SOURCE RECORDS Block Start
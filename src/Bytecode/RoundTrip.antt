-- ===== src/Bytecode/RoundTrip.antt =====
-- `bytecode_unmarshal` on what `bytecode_marshal` writes
-- (src/components/compiler/bytecode/marshal.c).
use saffire.Prelude.{
  ℕ, zero, suc, ◌+◌, ◌^◌, ◌≤◌, ◌<◌, max, ◌≡◌, ◌≢◌, refl, subst, List, [], ◌∷◌, ◌++◌, Run, ok, All,
  length, le_bytes, length-le_bytes, le_value-le_bytes, le_value-singleton, append_assoc, arith,
  length-append, take-append_length, drop-append_length, lt→ltb, le→leb,
}
use saffire.Bytecode.{
  Bytes, Bytecode, bytecode, Constants, no_constants, constant, Constant, string, regex, numerical,
  code, count_constants, constant_type,
}
use saffire.Bytecode.Marshal.{bytecode_marshal}
use saffire.Bytecode.Unmarshal.{
  read_buffer, read_int, new_name, read_identifiers, read_constant, read_constants,
  bytecode_unmarshal,
}
use saffire.Bytecode.Image.{
  names_image, image, constants_image, constant_image, at_end_bytes, bytecode_marshal-at_end,
}

-- A length or a count that an `int` holds.
abbrev pub IsSize : ℕ → Type 0
IsSize n = n < 2 ^ 31

abbrev pub IsName : Bytes → Type 0
IsName s = IsSize (length s) × All (λ c. c ≢ 0) s

-- Each number fits the field that holds it, and names hold no NUL.
unfoldable mutual
  pub IsWellFormed : Bytecode → Type 0
  IsWellFormed (bytecode stack_size code_bytes names consts lino_offset lino) =
      (stack_size < 2 ^ 32)
      × IsSize (length code_bytes)
      × IsSize (length names)
      × All IsName names
      × IsSize (count_constants consts)
      × AreWellFormed consts
      × (lino_offset < 2 ^ 32)
      × IsSize (length lino)

  pub AreWellFormed : Constants → Type 0
  AreWellFormed no_constants = Unit
  AreWellFormed (constant c cs) = IsConstant c × AreWellFormed cs

  pub IsConstant : Constant → Type 0
  IsConstant (string s) = IsSize (length s)
  IsConstant (regex s) = IsSize (length s)
  IsConstant (numerical l) = l < 2 ^ 64
  IsConstant (code body) = IsWellFormed body × IsSize (length (image body))

-- How deep code constants are nested.
unfoldable mutual
  pub nesting : Bytecode → ℕ
  nesting (bytecode stack_size code_bytes names consts lino_offset lino) =
      suc (nesting_constants consts)

  pub nesting_constants : Constants → ℕ
  nesting_constants no_constants = 0
  nesting_constants (constant c cs) = max (nesting_constant c) (nesting_constants cs)

  pub nesting_constant : Constant → ℕ
  nesting_constant (code body) = nesting body
  nesting_constant (string s) = 0
  nesting_constant (regex s) = 0
  nesting_constant (numerical l) = 0

read_buffer_append :
    (xs rest : Bytes) → IsSize (length xs) → read_buffer (length xs) (xs ++ rest) ≡ ok (xs, rest)
unfolding read_buffer
read_buffer_append xs rest h = rw (
  lt→ltb (length xs) (2 ^ 31) h,
  length-append xs rest,
  le→leb (length xs) (length xs + length rest) (omega arith),
  take-append_length,
  drop-append_length,
)

read_sized :
    (k : ℕ) (xs rest : Bytes)
    → length xs ≡ k
    → IsSize k
    → read_buffer k (xs ++ rest) ≡ ok (xs, rest)
read_sized k xs rest e h =
    subst (λ n. read_buffer n (xs ++ rest) ≡ ok (xs, rest)) e (read_buffer_append xs rest (rw e h))

read_int_append :
    (n : ℕ) (rest : Bytes) → n < 2 ^ 32 → read_int (le_bytes 4 n ++ rest) ≡ ok (n, rest)
unfolding read_int
read_int_append n rest h =
    rw (
      read_sized 4 (le_bytes 4 n) rest (length-le_bytes 4 n) (omega arith),
      le_value-le_bytes 4 n h,
    )

new_name_lem : (s : Bytes) → All (λ c. c ≢ 0) s → new_name s ≡ s
unfolding new_name
new_name_lem [] h = refl
new_name_lem (c ∷ s) h = ground (arith, new_name_lem s h.1, h.0)

read_identifiers-image :
    (names : List Bytes) (rest : Bytes)
    → All IsName names
    → read_identifiers (length names) (names_image names ++ rest) ≡ ok (names, rest)
unfolding read_identifiers
read_identifiers-image [] rest h = refl
read_identifiers-image (s ∷ names) rest h =
    let short : IsSize (length s) = h.0.0 in
    simp append_assoc (
      rw (
        read_int_append (length s) (s ++ (names_image names ++ rest)) (omega arith),
        read_buffer_append s (names_image names ++ rest) short,
        read_identifiers-image names rest h.1,
        new_name_lem s h.0.1,
      ))

-- The bytes of a constant, with the length that stands in front of them.
constant_body : Constant → Bytes
constant_body (string s) = s
constant_body (regex s) = s
constant_body (numerical l) = le_bytes 8 l
constant_body (code body) = image body

constant_image-body :
    (c : Constant) → constant_image c ≡ le_bytes 4 (length (constant_body c)) ++ constant_body c
unfolding constant_body image
constant_image-body (string s) = refl
constant_image-body (regex s) = refl
constant_image-body (numerical l) = rw (length-le_bytes 8 l)
constant_image-body (code body) = refl

read_constants_step :
    (u : Bytes → Run Bytecode) (c : Constant) (cs : Constants) (n : ℕ) (more rest : Bytes)
    → IsSize (length (constant_body c))
    → read_constant u
        (constant_type c)
        (length (constant_body c))
        (constant_body c ++ (more ++ rest))
      ≡ ok (c, more ++ rest)
    → read_constants u n (more ++ rest) ≡ ok (cs, rest)
    → read_constants u (suc n) (((constant_type c ∷ []) ++ (constant_image c ++ more)) ++ rest)
      ≡ ok (constant c cs, rest)
unfolding read_constants
read_constants_step u c cs n more rest h first later =
    let body = constant_body c in
    let tag : (t : ℕ) (xs : Bytes) → read_buffer 1 (t ∷ xs) ≡ ok (t ∷ [], xs) =
      λ t xs. read_sized 1 (t ∷ []) xs refl (omega arith) in
    simp (constant_image-body c, append_assoc)
      (rw (
        tag (constant_type c) (le_bytes 4 (length body) ++ (body ++ (more ++ rest))),
        read_int_append (length body) (body ++ (more ++ rest)) (omega arith),
        le_value-singleton (constant_type c),
        first,
        later,
      ))

IsConstant-IsSize : (c : Constant) → IsConstant c → IsSize (length (constant_body c))
unfolding constant_body IsWellFormed
IsConstant-IsSize (string s) w = w
IsConstant-IsSize (regex s) w = w
IsConstant-IsSize (numerical l) w = omega (arith, length-le_bytes 8 l)
IsConstant-IsSize (code body) w = w.1

mutual
  unfolding bytecode_unmarshal read_constants read_constant constant_body image IsWellFormed nesting

  unmarshal-image :
      (bc : Bytecode) (fuel : ℕ) (rest : Bytes)
      → nesting bc ≤ fuel
      → IsWellFormed bc
      → bytecode_unmarshal fuel (image bc ++ rest) ≡ ok bc
  unmarshal-image (bytecode stack_size cs names consts offset lino) zero rest d w =
      absurd (omega arith)
  unmarshal-image (bytecode stack_size cs names consts offset lino) (suc fuel) rest d w =
      let (w₀, w₁, w₂, w₃, w₄, w₅, w₆, w₇) = w in
      let r₇ = lino ++ rest in
      let r₆ = le_bytes 4 (length lino) ++ r₇ in
      let r₅ = le_bytes 4 offset ++ r₆ in
      let r₄ = constants_image consts ++ r₅ in
      let r₃ = le_bytes 4 (count_constants consts) ++ r₄ in
      let r₂ = names_image names ++ r₃ in
      let r₁ = le_bytes 4 (length names) ++ r₂ in
      simp append_assoc (
        rw (
          read_int_append stack_size (le_bytes 4 (length cs) ++ (cs ++ r₁)) w₀,
          read_int_append (length cs) (cs ++ r₁) (omega arith),
          read_buffer_append cs r₁ w₁,
          read_int_append (length names) r₂ (omega arith),
          read_identifiers-image names r₃ w₃,
          read_int_append (count_constants consts) r₄ (omega arith),
          read_constants-image consts fuel r₅ (omega arith) w₅,
          read_int_append offset r₆ w₆,
          read_int_append (length lino) r₇ (omega arith),
          read_buffer_append lino rest w₇,
        ))

  read_constants-image :
      (cs : Constants) (fuel : ℕ) (rest : Bytes)
      → nesting_constants cs ≤ fuel
      → AreWellFormed cs
      → read_constants (bytecode_unmarshal fuel) (count_constants cs) (constants_image cs ++ rest)
        ≡ ok (cs, rest)
  read_constants-image no_constants fuel rest d w = refl
  read_constants-image (constant c cs) fuel rest d w =
      read_constants_step (bytecode_unmarshal fuel) c cs (count_constants cs) (constants_image cs)
        rest (IsConstant-IsSize c w.0)
        (read_constant-image c fuel (constants_image cs ++ rest) (omega arith) w.0)
        (read_constants-image cs fuel rest (omega arith) w.1)

  read_constant-image :
      (c : Constant) (fuel : ℕ) (rest : Bytes)
      → nesting_constant c ≤ fuel
      → IsConstant c
      → read_constant
          (bytecode_unmarshal fuel)
          (constant_type c)
          (length (constant_body c))
          (constant_body c ++ rest)
        ≡ ok (c, rest)
  read_constant-image (string s) fuel rest d w = rw (read_buffer_append s rest w)
  read_constant-image (regex s) fuel rest d w = rw (read_buffer_append s rest w)
  read_constant-image (numerical l) fuel rest d w = rw (
    length-le_bytes 8 l,
    read_sized 8 (le_bytes 8 l) rest (length-le_bytes 8 l) (omega arith),
    le_value-le_bytes 8 l w,
  )
  read_constant-image (code body) fuel rest d w =
      rw (unmarshal-image body fuel rest d w.0, drop-append_length)

-- A marshalled bytecode is read back as it was, child code included, whatever bytes follow it in
-- the file, if each length fits an `int`, each number its field, and no name holds a NUL. The fuel
-- bounds the recursion of the reader by the depth to which code constants are nested.
pub unmarshal-marshal :
    (bc : Bytecode) (rest : Bytes)
    → IsWellFormed bc
    → bytecode_unmarshal
        (nesting bc)
        ((bytecode_marshal bc (record { bytes = []; off = 0 })).bytes ++ rest)
      ≡ ok bc
unmarshal-marshal bc rest w =
    rw (bytecode_marshal-at_end bc (record { bytes = []; off = 0 }) (omega arith), at_end_bytes)
      (unmarshal-image bc (nesting bc) rest (omega arith) w)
SOURCE RECORDS Block End
§ GOAL OF THE EXERCISE: The lines running from the start of the data through the one that contains "pub IsWellFormed : Bytecode → Type 0" should be reproduced exactly, and only those.

§ COMPLETED EXERCISE:
filename src/Bytecode/RoundTrip.antt
-- ===== src/Bytecode/RoundTrip.antt =====
-- `bytecode_unmarshal` on what `bytecode_marshal` writes
-- (src/components/compiler/bytecode/marshal.c).
use saffire.Prelude.{
  ℕ, zero, suc, ◌+◌, ◌^◌, ◌≤◌, ◌<◌, max, ◌≡◌, ◌≢◌, refl, subst, List, [], ◌∷◌, ◌++◌, Run, ok, All,
  length, le_bytes, length-le_bytes, le_value-le_bytes, le_value-singleton, append_assoc, arith,
  length-append, take-append_length, drop-append_length, lt→ltb, le→leb,
}
use saffire.Bytecode.{
  Bytes, Bytecode, bytecode, Constants, no_constants, constant, Constant, string, regex, numerical,
  code, count_constants, constant_type,
}
use saffire.Bytecode.Marshal.{bytecode_marshal}
use saffire.Bytecode.Unmarshal.{
  read_buffer, read_int, new_name, read_identifiers, read_constant, read_constants,
  bytecode_unmarshal,
}
use saffire.Bytecode.Image.{
  names_image, image, constants_image, constant_image, at_end_bytes, bytecode_marshal-at_end,
}

-- A length or a count that an `int` holds.
abbrev pub IsSize : ℕ → Type 0
IsSize n = n < 2 ^ 31

abbrev pub IsName : Bytes → Type 0
IsName s = IsSize (length s) × All (λ c. c ≢ 0) s

-- Each number fits the field that holds it, and names hold no NUL.
unfoldable mutual
  pub IsWellFormed : Bytecode → Type 0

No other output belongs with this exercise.